Your instructions
Give back an exact copy of the lines below, from the first through the line with "taken_ids p ss = map"; please stop there.

Materials provided
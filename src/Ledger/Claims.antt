-- ===== src/Ledger/Claims.antt =====
-- Claims: no scope is claimed twice, and a claim lasts, whatever other runs do, until its run settles it.
use bagelquant_data.Prelude.{
  ℕ, ◌≡◌, ◌≢◌, refl, sym, ap, ◌∙◌, Bool, true, false, ◌&&◌, inl, inr, List, [], ◌∷◌, map, arith,
  ◌==◌, if◌then◌else◌, filter, any, All, Bool-cases, ==→eq,
}
use bagelquant_data.Ledger.Data.{is_running, Scope, Ledger}
use bagelquant_data.Ledger.Scopes.{contains, claimable, claimed, claim_update_scopes}
use bagelquant_data.Ledger.Outcomes.{held}
use bagelquant_data.Ledger.Rows.{DistinctIds}

-- The ids of the rows that pass a test.
abbrev pub taken_ids : (Scope → Bool) → List Scope → List ℕ
taken_ids p ss = map (λ s. s.id) (filter p ss)

any_tail {ℓ} :
    {A : Type ℓ} (p : A → Bool) (x : A) (xs : List A) → any p xs ≡ true → any p (x ∷ xs) ≡ true
any_tail p x xs h = ground arith

-- The scope is running, and the run holds it.
abbrev pub running_for : ℕ → ℕ → Scope → Bool
running_for id run s = held id run s && is_running s.status

abbrev pub Claimed : ℕ → ℕ → List Scope → Type 0
Claimed id run ss = any (running_for id run) ss ≡ true

-- Claiming with a fixed list of taken ids leaves none of them claimable.
claimed_not_claimable :
    (now run : ℕ) (taken ids : List ℕ) (n : ℕ) (ss : List Scope)
    → contains taken n ≡ true
    → contains
        (taken_ids
          (claimable ids)
          (map (λ s. if contains taken s.id then claimed now run s else s) ss))
        n
      ≡ false
claimed_not_claimable now run taken ids n [] h = refl
claimed_not_claimable now run taken ids n (s ∷ ss) h = elim (Bool-cases (contains taken s.id)) [
  | inl mine ↦ rw mine (ground (arith, claimed_not_claimable now run taken ids n ss h))
  | inr other ↦ rw other (elim (Bool-cases (claimable ids s)) [
    | inl free ↦
        rw free (ground (arith, claimed_not_claimable now run taken ids n ss h, differs other))
    | inr busy ↦ rw busy (claimed_not_claimable now run taken ids n ss h)
  ])
]
  where
    differs : contains taken s.id ≡ false → (s.id == n) ≡ false
    differs other = elim (Bool-cases (s.id == n)) [
      | inl same ↦ cc (ap (contains taken) (==→eq s.id n same), h, other)
      | inr apart ↦ apart
    ]

-- Two claims one after the other, by whatever runs and for whatever scopes, have no scope in common.
pub claim_exclusive :
    (now now' : ℕ) (ids ids' : List ℕ) (run run' : ℕ) (l : Ledger) (n : ℕ)
    → contains (claim_update_scopes now ids run l).1 n ≡ true
    → contains (claim_update_scopes now' ids' run' (claim_update_scopes now ids run l).0).1 n
      ≡ false
unfolding claim_update_scopes
claim_exclusive now now' ids ids' run run' l n h =
    claimed_not_claimable now run (taken_ids (claimable ids) l.scopes) ids' n l.scopes h

pub absent_ids :
    (p : Scope → Bool) (n : ℕ) (ss : List Scope)
    → All (λ u. u.id ≢ n) ss
    → contains (taken_ids p ss) n ≡ false
absent_ids p n [] h = refl
absent_ids p n (s ∷ ss) h = elim (Bool-cases (p s)) [
  | inl e ↦ rw e (ground (arith, absent_ids p n ss h.1))
  | inr e ↦ rw e (absent_ids p n ss h.1)
]

pub same_id : (s : Scope) (id run : ℕ) → running_for id run s ≡ true → s.id ≡ id
same_id s id run h = ground arith

pub other_head :
    (n id run : ℕ) (ss : List Scope) → All (λ u. u.id ≢ n) ss → Claimed id run ss → n ≢ id
other_head n id run [] h c = cc
other_head n id run (s ∷ ss) h c = elim (Bool-cases (running_for id run s)) [
  | inl here ↦ λ e. h.0 (same_id s id run here ∙ sym e)
  | inr elsewhere ↦ other_head n id run ss h.1 (rw elsewhere at c)
]

running_not_claimable :
    (ids : List ℕ) (id run : ℕ) (s : Scope) → running_for id run s ≡ true → claimable ids s ≡ false
running_not_claimable ids id run s h = ground arith

-- No row that is claimable has the id of a row that a run holds.
pub running_not_taken :
    (ids : List ℕ) (id run : ℕ) (ss : List Scope)
    → DistinctIds ss
    → Claimed id run ss
    → contains (taken_ids (claimable ids) ss) id ≡ false
running_not_taken ids id run [] d c = refl
running_not_taken ids id run (s ∷ ss) d c = elim (Bool-cases (running_for id run s)) [
  | inl here ↦
      rw (running_not_claimable ids id run s here)
        (absent_ids (claimable ids) id ss (rw (same_id s id run here) at d.0))
  | inr elsewhere ↦
      let rest : Claimed id run ss = rw elsewhere at c in
      elim (Bool-cases (claimable ids s)) [
        | inl free ↦ rw free (
            ground
              (arith, other_head s.id id run ss d.0 rest, running_not_taken ids id run ss d.1 rest))
        | inr busy ↦ rw busy (running_not_taken ids id run ss d.1 rest)
      ]
]

-- Updates and deletions that leave a running row of the run as it is.
pub Claimed-update :
    (id run : ℕ) (t : Scope → Bool) (f : Scope → Scope)
    → ((s : Scope) → running_for id run s ≡ true → t s ≡ false)
    → (ss : List Scope) → Claimed id run ss
    → Claimed id run (map (λ s. if t s then f s else s) ss)
Claimed-update id run t f leave [] c = c
Claimed-update id run t f leave (s ∷ ss) c = elim (Bool-cases (running_for id run s)) [
  | inl here ↦ rw (leave s here) (rw here refl)
  | inr elsewhere ↦
      any_tail (running_for id run) (if t s then f s else s) (map (λ s. if t s then f s else s) ss)
        (Claimed-update id run t f leave ss (rw elsewhere at c))
]

pub Claimed-filter :
    (id run : ℕ) (p : Scope → Bool)
    → ((s : Scope) → running_for id run s ≡ true → p s ≡ true)
    → (ss : List Scope) → Claimed id run ss
    → Claimed id run (filter p ss)
Claimed-filter id run p keep [] c = c
Claimed-filter id run p keep (s ∷ ss) c = elim (Bool-cases (running_for id run s)) [
  | inl here ↦ rw (keep s here) (rw here refl)
  | inr elsewhere ↦
      let rest : Claimed id run (filter p ss) =
        Claimed-filter id run p keep ss (rw elsewhere at c) in
      elim (Bool-cases (p s)) [
        | inl e ↦ rw e (any_tail (running_for id run) s (filter p ss) rest)
        | inr e ↦ rw e rest
      ]
]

Answer to this problem
filename src/Ledger/Claims.antt
-- ===== src/Ledger/Claims.antt =====
-- Claims: no scope is claimed twice, and a claim lasts, whatever other runs do, until its run settles it.
use bagelquant_data.Prelude.{
  ℕ, ◌≡◌, ◌≢◌, refl, sym, ap, ◌∙◌, Bool, true, false, ◌&&◌, inl, inr, List, [], ◌∷◌, map, arith,
  ◌==◌, if◌then◌else◌, filter, any, All, Bool-cases, ==→eq,
}
use bagelquant_data.Ledger.Data.{is_running, Scope, Ledger}
use bagelquant_data.Ledger.Scopes.{contains, claimable, claimed, claim_update_scopes}
use bagelquant_data.Ledger.Outcomes.{held}
use bagelquant_data.Ledger.Rows.{DistinctIds}

-- The ids of the rows that pass a test.
abbrev pub taken_ids : (Scope → Bool) → List Scope → List ℕ
taken_ids p ss = map (λ s. s.id) (filter p ss)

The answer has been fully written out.